What this task involves - Type out every line below exactly as it reads.

===

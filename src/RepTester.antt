-- ===== src/RepTester.antt =====
-- rep_tester/reptester.c: rep_tester and rep_tester_run. The test's callbacks are functions on its
-- context, and the readings of the CPU's clock are parameters.
pub mod Ending
pub mod FileTest
pub mod Ranges
pub mod FileTimes
use computer_enhance.Shared.{
  ℕ, zero, suc, ◌+◌, ◌/◌, ◌%◌, ◌^◌, Bool, true, false, ltb, List, [], ◌∷◌, Option, none, some,
  Outcome, ok, exit_error, out_of_bounds, ◌>>=◌,
}
use computer_enhance.Profiler.Blocks.{elapsed}
use computer_enhance.Profiler.Frequency.{get_ms_from_cpu_ticks}

-- struct rep_tester_config: a callback may be NULL.
pub record RepTesterConfig (Context : Type 0) : Type 0 where
  pub env_setup : Option (Context → Context)
  pub test_setup : Option (Context → Context)
  pub test_main : Option (Context → Context)
  pub test_teardown : Option (Context → Context)
  pub end_of_test_eval : Option (Context → Bool × Context)
  pub env_teardown : Option (Context → Context)
  pub print_stats : Option (Context → Context)
  pub test_runtime_seconds : ℕ

-- The context, rep_counter and calculated_cpu_freq.
pub record Progress (Context : Type 0) : Type 0 where
  pub context : Context
  pub rep_counter : ℕ
  pub calculated_cpu_freq : ℕ

module _ {Context : Type 0} where
  abbrev pub callback : Option (Context → Context) → Context → Context
  callback none context = context
  callback (some f) context = f context

  -- The calls of a round up to the reading of the clock.
  unfoldable pub run_test : RepTesterConfig Context → Context → Context
  run_test test_info context =
      callback test_info.test_teardown
        (callback test_info.test_main (callback test_info.test_setup context))

  -- Whether the test is done: by end_of_test_eval if there is one, else by the time.
  unfoldable pub test_done :
      RepTesterConfig Context → Option (Context → Bool × Context) → ℕ → Context → Bool × Context
  test_done test_info none elapsed_seconds context =
      (ltb test_info.test_runtime_seconds elapsed_seconds, context)
  test_done test_info (some eval) elapsed_seconds context = eval context

  unfoldable pub test_round :
      RepTesterConfig Context → ℕ → ℕ → ℕ → Progress Context → Outcome (Bool × Progress Context)
  unfolding run_test test_done
  test_round test_info guessed test_start_ticks ticks s = do
    (ms, freq) ←
        get_ms_from_cpu_ticks guessed s.calculated_cpu_freq (elapsed ticks test_start_ticks)
    let (is_done, context) =
        test_done test_info test_info.end_of_test_eval (ms / 1000 % 2 ^ 32)
          (run_test test_info s.context)
    ok (
      is_done,
      record { context = context; rep_counter = s.rep_counter; calculated_cpu_freq = freq },
    )

  -- What follows a round: the end of the loop, or the next round.
  unfoldable pub next_round :
      (Progress Context → Option (Outcome (Progress Context)))
      → Outcome (Bool × Progress Context)
      → Option (Outcome (Progress Context))
  next_round rest (ok (true, s)) = some (ok s)
  next_round rest (ok (false, s)) = rest (record s { rep_counter = (s.rep_counter + 1) % 2 ^ 32 })
  next_round rest exit_error = some exit_error
  next_round rest out_of_bounds = some out_of_bounds

  -- `for (;;)`, with fuel. The k-th reading of the clock in the loop is `ticks k`.
  unfoldable pub rep_loop :
      ℕ
      → RepTesterConfig Context
      → ℕ
      → ℕ
      → (ℕ → ℕ)
      → ℕ
      → Progress Context
      → Option (Outcome (Progress Context))
  unfolding next_round
  rep_loop zero test_info guessed test_start_ticks ticks k s = none
  rep_loop (suc fuel) test_info guessed test_start_ticks ticks k s =
      next_round (λ s'. rep_loop fuel test_info guessed test_start_ticks ticks (k + 1) s')
        (test_round test_info guessed test_start_ticks (ticks k) s)

  unfoldable pub end_test :
      RepTesterConfig Context
      → Option (Outcome (Progress Context))
      → Option (Outcome (Progress Context))
  end_test test_info (some (ok s)) = some (
      ok (record s {
        context = callback test_info.print_stats (callback test_info.env_teardown s.context);
      }))
  end_test test_info other = other

  -- rep_tester: the context at the end, the number of the last round, and calculated_cpu_freq.
  unfoldable pub rep_tester :
      ℕ
      → RepTesterConfig Context
      → ℕ
      → ℕ
      → ℕ
      → (ℕ → ℕ)
      → Context
      → Option (Outcome (Progress Context))
  unfolding rep_loop end_test
  rep_tester fuel test_info guessed calculated_cpu_freq test_start_ticks ticks context =
      end_test test_info (
        rep_loop fuel test_info guessed test_start_ticks ticks 0 (record {
          context = callback test_info.env_setup context;
          rep_counter = 1;
          calculated_cpu_freq = calculated_cpu_freq;
        }))

  -- What follows a test of an array of tests.
  unfoldable pub next_test :
      (Progress Context → Option (Outcome (List (Progress Context))))
      → Option (Outcome (Progress Context))
      → Option (Outcome (List (Progress Context)))
  next_test rest none = none
  next_test rest (some exit_error) = some exit_error
  next_test rest (some out_of_bounds) = some out_of_bounds
  next_test rest (some (ok s)) = elim (rest s) [
    | none ↦ none
    | some exit_error ↦ some exit_error
    | some out_of_bounds ↦ some out_of_bounds
    | some (ok more) ↦ some (ok (s ∷ more))
  ]

  -- rep_tester_run: the tests one after the other, each with its context and the readings of the clock.
  unfoldable pub rep_tester_run :
      ℕ
      → List (RepTesterConfig Context × Context × ℕ × (ℕ → ℕ))
      → ℕ
      → ℕ
      → Option (Outcome (List (Progress Context)))
  unfolding next_test
  rep_tester_run fuel [] guessed calculated_cpu_freq = some (ok [])
  rep_tester_run fuel ((test_info, context, test_start_ticks, ticks) ∷ tests) guessed
        calculated_cpu_freq =
      next_test (λ s. rep_tester_run fuel tests guessed s.calculated_cpu_freq)
        (rep_tester fuel test_info guessed calculated_cpu_freq test_start_ticks ticks context)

===

Final answer -
filename src/RepTester.antt
-- ===== src/RepTester.antt =====
-- rep_tester/reptester.c: rep_tester and rep_tester_run. The test's callbacks are functions on its
-- context, and the readings of the CPU's clock are parameters.
pub mod Ending
pub mod FileTest
pub mod Ranges
pub mod FileTimes
use computer_enhance.Shared.{
  ℕ, zero, suc, ◌+◌, ◌/◌, ◌%◌, ◌^◌, Bool, true, false, ltb, List, [], ◌∷◌, Option, none, some,
  Outcome, ok, exit_error, out_of_bounds, ◌>>=◌,
}
use computer_enhance.Profiler.Blocks.{elapsed}
use computer_enhance.Profiler.Frequency.{get_ms_from_cpu_ticks}

-- struct rep_tester_config: a callback may be NULL.
pub record RepTesterConfig (Context : Type 0) : Type 0 where
  pub env_setup : Option (Context → Context)
  pub test_setup : Option (Context → Context)
  pub test_main : Option (Context → Context)
  pub test_teardown : Option (Context → Context)
  pub end_of_test_eval : Option (Context → Bool × Context)
  pub env_teardown : Option (Context → Context)
  pub print_stats : Option (Context → Context)
  pub test_runtime_seconds : ℕ

-- The context, rep_counter and calculated_cpu_freq.
pub record Progress (Context : Type 0) : Type 0 where
  pub context : Context
  pub rep_counter : ℕ
  pub calculated_cpu_freq : ℕ

module _ {Context : Type 0} where
  abbrev pub callback : Option (Context → Context) → Context → Context
  callback none context = context
  callback (some f) context = f context

  -- The calls of a round up to the reading of the clock.
  unfoldable pub run_test : RepTesterConfig Context → Context → Context
  run_test test_info context =
      callback test_info.test_teardown
        (callback test_info.test_main (callback test_info.test_setup context))

  -- Whether the test is done: by end_of_test_eval if there is one, else by the time.
  unfoldable pub test_done :
      RepTesterConfig Context → Option (Context → Bool × Context) → ℕ → Context → Bool × Context
  test_done test_info none elapsed_seconds context =
      (ltb test_info.test_runtime_seconds elapsed_seconds, context)
  test_done test_info (some eval) elapsed_seconds context = eval context

  unfoldable pub test_round :
      RepTesterConfig Context → ℕ → ℕ → ℕ → Progress Context → Outcome (Bool × Progress Context)
  unfolding run_test test_done
  test_round test_info guessed test_start_ticks ticks s = do
    (ms, freq) ←
        get_ms_from_cpu_ticks guessed s.calculated_cpu_freq (elapsed ticks test_start_ticks)
    let (is_done, context) =
        test_done test_info test_info.end_of_test_eval (ms / 1000 % 2 ^ 32)
          (run_test test_info s.context)
    ok (
      is_done,
      record { context = context; rep_counter = s.rep_counter; calculated_cpu_freq = freq },
    )

  -- What follows a round: the end of the loop, or the next round.
  unfoldable pub next_round :
      (Progress Context → Option (Outcome (Progress Context)))
      → Outcome (Bool × Progress Context)
      → Option (Outcome (Progress Context))
  next_round rest (ok (true, s)) = some (ok s)
  next_round rest (ok (false, s)) = rest (record s { rep_counter = (s.rep_counter + 1) % 2 ^ 32 })
  next_round rest exit_error = some exit_error
  next_round rest out_of_bounds = some out_of_bounds

  -- `for (;;)`, with fuel. The k-th reading of the clock in the loop is `ticks k`.
  unfoldable pub rep_loop :
      ℕ
      → RepTesterConfig Context
      → ℕ
      → ℕ
      → (ℕ → ℕ)
      → ℕ
      → Progress Context
      → Option (Outcome (Progress Context))
  unfolding next_round
  rep_loop zero test_info guessed test_start_ticks ticks k s = none
  rep_loop (suc fuel) test_info guessed test_start_ticks ticks k s =
      next_round (λ s'. rep_loop fuel test_info guessed test_start_ticks ticks (k + 1) s')
        (test_round test_info guessed test_start_ticks (ticks k) s)

  unfoldable pub end_test :
      RepTesterConfig Context
      → Option (Outcome (Progress Context))
      → Option (Outcome (Progress Context))
  end_test test_info (some (ok s)) = some (
      ok (record s {
        context = callback test_info.print_stats (callback test_info.env_teardown s.context);
      }))
  end_test test_info other = other

  -- rep_tester: the context at the end, the number of the last round, and calculated_cpu_freq.
  unfoldable pub rep_tester :
      ℕ
      → RepTesterConfig Context
      → ℕ
      → ℕ
      → ℕ
      → (ℕ → ℕ)
      → Context
      → Option (Outcome (Progress Context))
  unfolding rep_loop end_test
  rep_tester fuel test_info guessed calculated_cpu_freq test_start_ticks ticks context =
      end_test test_info (
        rep_loop fuel test_info guessed test_start_ticks ticks 0 (record {
          context = callback test_info.env_setup context;
          rep_counter = 1;
          calculated_cpu_freq = calculated_cpu_freq;
        }))

  -- What follows a test of an array of tests.
  unfoldable pub next_test :
      (Progress Context → Option (Outcome (List (Progress Context))))
      → Option (Outcome (Progress Context))
      → Option (Outcome (List (Progress Context)))
  next_test rest none = none
  next_test rest (some exit_error) = some exit_error
  next_test rest (some out_of_bounds) = some out_of_bounds
  next_test rest (some (ok s)) = elim (rest s) [
    | none ↦ none
    | some exit_error ↦ some exit_error
    | some out_of_bounds ↦ some out_of_bounds
    | some (ok more) ↦ some (ok (s ∷ more))
  ]

  -- rep_tester_run: the tests one after the other, each with its context and the readings of the clock.
  unfoldable pub rep_tester_run :
      ℕ
      → List (RepTesterConfig Context × Context × ℕ × (ℕ → ℕ))
      → ℕ
      → ℕ
      → Option (Outcome (List (Progress Context)))
  unfolding next_test
  rep_tester_run fuel [] guessed calculated_cpu_freq = some (ok [])
  rep_tester_run fuel ((test_info, context, test_start_ticks, ticks) ∷ tests) guessed
        calculated_cpu_freq =
      next_test (λ s. rep_tester_run fuel tests guessed s.calculated_cpu_freq)
        (rep_tester fuel test_info guessed calculated_cpu_freq test_start_ticks ticks context)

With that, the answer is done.